Now you plug in f, say 60 Hz, and the units work out beautifully as they should.

This is akin to having

D = 12 L

where L is in feet and D is in inches. That 12, while it is the ratio of two lengths, is NOT truly dimensionless. It is a conversion factor and thus needs to carry the ratio of the units it is converting to to the units it is converting from. It should be

D = (12 in/ft) · L

The conversion factor is 12 in/ft.

The exact same with that 2π. It is the ratio of two frequencies expressed in different units.

The conversion factor is 2π (rad/s)/Hz.
 

WBahn

Joined Mar 31, 2012
29,979
I hope you're not about to break into philosophy here Wbahn... What is t anyways? Lul thx guys
I'm quite serious. You asked if 't' was approximately 377(rads/s)/Hz. I have no idea if this is correct or not since I have no idea what YOU mean when you refer to 't'. It isn't time, since time has units of, well, time. Be it seconds or years or whatever.

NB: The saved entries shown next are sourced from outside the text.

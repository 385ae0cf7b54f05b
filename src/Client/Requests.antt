-- ===== src/Client/Requests.antt =====
-- The JSON texts that the client sends.
use high_performance_chatser.Prelude.{
  ℤ, Bool, false, Bytes, codes, List, [], ◌∷◌, ◌++◌, if◌then◌else◌,
}
use high_performance_chatser.Platform.{Platform}
use high_performance_chatser.Platform.Json.{Value, int_value, string_value, object}
use high_performance_chatser.Model.Types.{User}
use high_performance_chatser.Model.Statements.{c_str}
use high_performance_chatser.Service.Messages.{
  login_msg, loginout_msg, reg_msg, one_chat_msg, add_friend_msg, create_group_msg, add_group_msg,
  group_chat_msg,
}
use high_performance_chatser.Client.{Client, show, exited}

abbrev pub login_fields : ℤ → Bytes → List (Bytes × Value)
login_fields id pwd =
    (codes "msgid", int_value login_msg)
    ∷ (codes "id", int_value id)
    ∷ (codes "password", string_value pwd)
    ∷ []

abbrev pub reg_fields : Bytes → Bytes → List (Bytes × Value)
reg_fields name pwd =
    (codes "msgid", int_value reg_msg)
    ∷ (codes "name", string_value name)
    ∷ (codes "password", string_value pwd)
    ∷ []

abbrev pub addfriend_fields : User → ℤ → List (Bytes × Value)
addfriend_fields user friendid =
    (codes "msgid", int_value add_friend_msg)
    ∷ (codes "id", int_value user.id)
    ∷ (codes "friendid", int_value friendid)
    ∷ []

abbrev pub chat_fields : User → ℤ → Bytes → List (Bytes × Value)
chat_fields user friendid message =
    (codes "msgid", int_value one_chat_msg)
    ∷ (codes "id", int_value user.id)
    ∷ (codes "name", string_value user.name)
    ∷ (codes "toid", int_value friendid)
    ∷ (codes "msg", string_value message)
    ∷ []

abbrev pub creategroup_fields : User → Bytes → Bytes → List (Bytes × Value)
creategroup_fields user groupname groupdesc =
    (codes "msgid", int_value create_group_msg)
    ∷ (codes "id", int_value user.id)
    ∷ (codes "groupname", string_value groupname)
    ∷ (codes "groupdesc", string_value groupdesc)
    ∷ []

abbrev pub addgroup_fields : User → ℤ → List (Bytes × Value)
addgroup_fields user groupid =
    (codes "msgid", int_value add_group_msg)
    ∷ (codes "id", int_value user.id)
    ∷ (codes "groupid", int_value groupid)
    ∷ []

abbrev pub groupchat_fields : User → ℤ → Bytes → List (Bytes × Value)
groupchat_fields user groupid message =
    (codes "msgid", int_value group_chat_msg)
    ∷ (codes "id", int_value user.id)
    ∷ (codes "name", string_value user.name)
    ∷ (codes "groupid", int_value groupid)
    ∷ (codes "msg", string_value message)
    ∷ []

abbrev pub loginout_fields : User → List (Bytes × Value)
loginout_fields user =
    (codes "msgid", int_value loginout_msg) ∷ (codes "id", int_value user.id) ∷ []

module _ (P : Platform) where
  -- The bytes of one `send`: the text up to a zero byte, and a zero byte.
  unfoldable pub request : List (Bytes × Value) → Bytes
  unfolding c_str
  request fields = c_str (P.dump (object P fields)) ++ 0 ∷ []

  -- `dump`, which throws on a text that is not UTF-8, and nothing in the client catches this; then
  -- `send`, which has returned -1 unless `sends`; the error is printed before the text.
  unfoldable pub send_request : Bool → Bytes → List (Bytes × Value) → Client → Client
  unfolding request
  send_request sends error fields c =
      if P.is_printable (object P fields)
      then (if sends
          then record c { sent = c.sent ++ request fields ∷ [] }
          else show (error ++ P.dump (object P fields)) c)
      else record c { phase = exited; is_main_menu_running = false }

About all that can be said for 377(rads/s)/Hz is that it is the ratio of two frequencies in which the numerator is a frequency sixty times greater than whatever the denominator is.
 

Thread Starter

KevinEamon

Joined Apr 9, 2017
284
Indeed well It's always t on my question sheets. t in time domain... I wish I had the t to argue about it... but I need to get this dang assignment finished tonight. :) I have an exam next Friday... study study study...
 

WBahn

Joined Mar 31, 2012
29,979
Indeed well It's always t on my question sheets. t in time domain... I wish I had the t to argue about it... but I need to get this dang assignment finished tonight. :) I have an exam next Friday... study study study...
The variable 't' is almost always used to mean "time" (in this context -- certainly it means other things, like thickness, in others). It is a dimension variable whose units should evaluate to a measure of time.

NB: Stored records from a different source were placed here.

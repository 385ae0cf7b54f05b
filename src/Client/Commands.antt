-- ===== src/Client/Commands.antt =====
-- The commands of `mainMenu` and their handlers.
use high_performance_chatser.Prelude.{
  ℕ, ◌+◌, ◌-◌, Bool, false, Bytes, codes, List, [], ◌∷◌, ◌++◌, Option, none, some, length, take,
  find, substr, Map, lookup, bytes_eq, map, if◌then◌else◌,
}
use high_performance_chatser.Prelude.Decimal.{atoi}
use high_performance_chatser.Platform.{Platform}
use high_performance_chatser.Model.Statements.{c_str}
use high_performance_chatser.Client.{Client, show}
use high_performance_chatser.Client.Requests.{
  addfriend_fields, chat_fields, creategroup_fields, addgroup_fields, groupchat_fields,
  loginout_fields, send_request,
}

-- `commandMap`. The order stands for that of the iteration.
abbrev pub command_map : Map Bytes Bytes
command_map =
    (codes "help", codes "show all supporting commands")
    ∷ (codes "chat", codes "one chat")
    ∷ (codes "addfriend", codes "add friend")
    ∷ (codes "creategroup", codes "create group")
    ∷ (codes "addgroup", codes "add group")
    ∷ (codes "groupchat", codes "chat in a group")
    ∷ (codes "loginout", codes "login out")
    ∷ []

unfoldable pub help : Client → Client
help c = record c {
  shown =
      c.shown
      ++ codes "show command list >>> " ∷ map (λ p. p.0 ++ codes " : " ++ p.1) command_map
      ++ [] ∷ [];
}

-- The functions of `commandHandlerMap`.
pub data Command : Type 0 where
  help_c chat_c addfriend_c creategroup_c addgroup_c groupchat_c loginout_c : Command

abbrev pub command_handler_map : Map Bytes Command
command_handler_map =
    (codes "help", help_c)
    ∷ (codes "chat", chat_c)
    ∷ (codes "addfriend", addfriend_c)
    ∷ (codes "creategroup", creategroup_c)
    ∷ (codes "addgroup", addgroup_c)
    ∷ (codes "groupchat", groupchat_c)
    ∷ (codes "loginout", loginout_c)
    ∷ []

-- The text after the first colon, at `idx`.
abbrev pub after_colon : ℕ → Bytes → Bytes
after_colon idx str = substr (idx + 1) (length str - idx) str

-- What the line names before its first colon, and what it hands to the handler.
unfoldable pub parse_line : Bytes → Bytes × Bytes
unfolding find
parse_line line = elim (find b':' line) [
  | none ↦ (line, line)
  | some idx ↦ (take idx line, after_colon idx line)
]

module _ (P : Platform) where
  unfoldable pub addfriend : Bool → Bytes → Client → Client
  unfolding atoi send_request
  addfriend sends str c =
      send_request P sends (codes "send addfriend msg error -> ")
        (addfriend_fields c.current_user (atoi str)) c

  unfoldable pub chat : Bool → Bytes → Client → Client
  unfolding find atoi send_request
  chat sends str c = elim (find b':' str) [
    | none ↦ show (codes "chat command invalid!") c
    | some idx ↦
        send_request P sends (codes "send chat msg error -> ")
          (chat_fields c.current_user (atoi (take idx str)) (after_colon idx str)) c
  ]

  unfoldable pub creategroup : Bool → Bytes → Client → Client
  unfolding find send_request
  creategroup sends str c = elim (find b':' str) [
    | none ↦ show (codes "creategroup command invalid!") c
    | some idx ↦
        send_request P sends (codes "send creategroup msg error -> ")
          (creategroup_fields c.current_user (take idx str) (after_colon idx str)) c
  ]

  unfoldable pub addgroup : Bool → Bytes → Client → Client
  unfolding atoi send_request
  addgroup sends str c =
      send_request P sends (codes "send addgroup msg error -> ")
        (addgroup_fields c.current_user (atoi str)) c

  unfoldable pub groupchat : Bool → Bytes → Client → Client
  unfolding find atoi send_request
  groupchat sends str c = elim (find b':' str) [
    | none ↦ show (codes "groupchat command invalid!") c
    | some idx ↦
        send_request P sends (codes "send groupchat msg error -> ")
          (groupchat_fields c.current_user (atoi (take idx str)) (after_colon idx str)) c
  ]

  unfoldable pub loginout : Bool → Client → Client
  unfolding send_request
  loginout sends c =
      let c' =
        send_request P sends (codes "send loginout msg error -> ") (loginout_fields c.current_user)
          c in
      if sends then record c' { is_main_menu_running = false } else c'

  unfoldable pub run_command : Command → Bool → Bytes → Client → Client
  unfolding help chat addfriend creategroup addgroup groupchat loginout
  run_command help_c sends str c = help c
  run_command chat_c sends str c = chat sends str c
  run_command addfriend_c sends str c = addfriend sends str c
  run_command creategroup_c sends str c = creategroup sends str c
  run_command addgroup_c sends str c = addgroup sends str c
  run_command groupchat_c sends str c = groupchat sends str c
  run_command loginout_c sends str c = loginout sends c

  unfoldable pub run_parsed : Option Command → Bool → Bytes → Client → Client
  unfolding run_command
  run_parsed none sends str c = show (codes "invalid input command!") c
  run_parsed (some command) sends str c = run_command command sends str c

  -- One round of `mainMenu`, on the line that `getline` has read.
  unfoldable pub menu_line : Bool → Bytes → Client → Client
  unfolding c_str parse_line run_parsed lookup
  menu_line sends line c =
      let (command, str) = parse_line (c_str line) in
      run_parsed (lookup command command_handler_map) sends str c

  -- `mainMenu`, on the lines that the user types; `sends` says which of them `send` accepts.
  unfoldable pub main_menu : List (Bool × Bytes) → Client → Client
  unfolding menu_line
  main_menu [] c = c
  main_menu ((sends, line) ∷ lines) c =
      if c.is_main_menu_running then main_menu lines (menu_line sends line c) else c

The variables 'f' and 'ω' are two different variables for the same thing. While this certainly has some convenience to it, it many regards this is unfortunate because it leads people to believe that they are somehow fundamentally different quantities. They aren't It would be as if we called the length of the period of a waveform 'x' if it is measured in centimeters and 'y' if it is measured in inches and then memorize a formula that goes "x = 2.54·y" and then people would always be wondering if they needed this magic 2.54 in this formula or that formula. If we just always used a single variable, λ, for the wavelength then we can convert it to whatever unit of length we need to make the units work out properly. It would probably have been better in the long run if we had just settled on one or the other variable for frequency (I don't even care which -- flip a coin) and always used it when we needed frequency, scaling as needed to make the units work out properly. That is how virtually every other quantity is handled. I really can't think of any exceptions (at least in engineering/sciences world), although electromagneticists love to jockey things around and normalize them to make a bunch of dimensionless parameters.
 

Thread Starter

KevinEamon

Joined Apr 9, 2017
284
Thanks Joey. I always take the time :) to read and reread what Wbahn says very carefully. Without him I doubt I'd still be on this course. Especially last year which was a significant learning curve for me.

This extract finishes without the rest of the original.